Institutional differences and the geographic distribution of respondents may also have skewed responses. While the anonymity of the survey did not allow for the consideration of institutional differences, the majority of providers were located in California (83.8%). Healthcare systems, legal practices, costs of living, and cost expectations vary significantly by location and institution, so our results may not reflect national physician perspectives.17 A more geographically diverse sample would help broaden the study’s perspective and identify geographic trends in physician cost perceptions. Lastly, despite the widespread utilization of Medicare, this study did not consider any other public and private reimbursement plans. Future research should investigate additional comparisons between the vast and diverse selections of healthcare insurances to more accurately determine reasonable costs for procedures.
CONCLUSION
This anonymous survey study examined physician and healthcare providers’ perceptions of reasonable costs for epidural injections, facet injections/medial branch blocks, and radiofrequency ablation procedures across multiple specialties. Results were analyzed using pairwise comparisons to assess differences between specialties, lien-based payment status, and any trends with cash discounts. For all 3 procedures, the most common perceived value for all participants was $1000 to $4999. Neurosurgery was associated with significantly higher epidural values than pain, PMR, and PA/NP; higher facet injection/medial branch block values compared with PMR and PA/NPs; and higher radiofrequency ablation values compared with PA/NPs.
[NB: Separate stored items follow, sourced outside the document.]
-- ===== src/Net/Timer/Mail.antt =====
-- The alarms that are due after a time, with the mail for a port that they make, for the timer process
-- of xinu/ipnet/common/tcp_timer.c.
use xinu_swd.Prelude.{
  ℕ, ◌+◌, ◌-◌, ◌≤◌, ◌<◌, ◌≡◌, refl, sym, ap, ◌∙◌, true, false, List, [], ◌∷◌, ◌++◌, length,
  length-append, arith, if◌then◌else◌, if_true, if_false, ◌==◌, leb,
}
use xinu_swd.Net.Timer
use xinu_swd.Net.Timer.Schedule.{Alarm, alarm, alarms, alarms_from}

-- The alarms after `delta`, from which on they count then.
abbrev pub later : ℕ → List Alarm → List Alarm
later delta [] = []
later delta (a ∷ rest) =
    if leb a.at delta then later delta rest else record a { at = a.at - delta } ∷ later delta rest

-- The messages for a port of the alarms up to `delta`.
abbrev pub mail_for : ℕ → ℕ → List Alarm → List ℕ
mail_for port delta [] = []
mail_for port delta (a ∷ rest) =
    if leb a.at delta
    then (if port == a.port then a.msg ∷ mail_for port delta rest else mail_for port delta rest)
    else mail_for port delta rest

pub leb_past : (d s t : ℕ) → d < s → leb (s + t) d ≡ false
leb_past d s t h = ground arith

pub leb_from : (d s t : ℕ) → s ≤ d → leb (s + t) d ≡ leb t (d - s)
leb_from d s t h = ground arith

pub lt_of_leb : (d s t : ℕ) → s ≤ d → leb t (d - s) ≡ false → d < s + t
lt_of_leb d s t h e = ground arith

-- No alarm comes up to `delta` if all start behind it.
pub none_due :
    (delta start : ℕ) (tqs : List Timer.Tqent)
    → delta < start
    → ((port : ℕ) → mail_for port delta (alarms start tqs) ≡ [])
      × (later delta (alarms start tqs) ≡ alarms (start - delta) tqs)
none_due delta start [] h = ((λ port. refl), refl)
none_due delta start (tq ∷ tqs) h =
    let rest = none_due delta (start + tq.timeleft) tqs (omega arith) in
    rw (leb_past delta start tq.timeleft h) (
      rest.0,
      ap (λ l. alarm (start + tq.timeleft - delta) tq ∷ l) rest.1
          ∙ ap (alarms_from tq tqs) (omega arith),
    )

-- The mail for a port, with an alarm in front that is due.
pub mail_here :
    (port delta : ℕ) (a : Alarm) (l : List Alarm)
    → leb a.at delta ≡ true
    → (port == a.port) ≡ true
    → mail_for port delta (a ∷ l) ≡ a.msg ∷ mail_for port delta l
mail_here port delta a l due same =
    let mail = mail_for port delta l in
    if_true due (if port == a.port then a.msg ∷ mail else mail) mail
    ∙ if_true same (a.msg ∷ mail) mail

pub mail_elsewhere :
    (port delta : ℕ) (a : Alarm) (l : List Alarm)
    → leb a.at delta ≡ true
    → (port == a.port) ≡ false
    → mail_for port delta (a ∷ l) ≡ mail_for port delta l
mail_elsewhere port delta a l due other =
    let mail = mail_for port delta l in
    if_true due (if port == a.port then a.msg ∷ mail else mail) mail
    ∙ if_false other (a.msg ∷ mail) mail

pub same_total :
    (xs ys xs' ys' : List ℕ)
    → xs ++ ys ≡ xs' ++ ys'
    → length xs + length ys ≡ length xs' + length ys'
same_total xs ys xs' ys' e = sym (length-append xs ys) ∙ (ap length e ∙ length-append xs' ys')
Physicians who did not accept lien-based payments showed significantly lower cost values across all specialties and procedures. Our findings offer insight into reasonable expenses for patient care, possibly assisting in refining reimbursement models and ensuring consistency in legal proceedings. Such improvements are imperative in assisting patients more effectively navigate payment strategies while also promoting fair treatment and equitable provider compensation. Future research may investigate comparisons between a broader range of public and private insurance contracts as well as lien-based personal reimbursements to better standardize cost estimates and allow for actionable and tangible policy adjustments.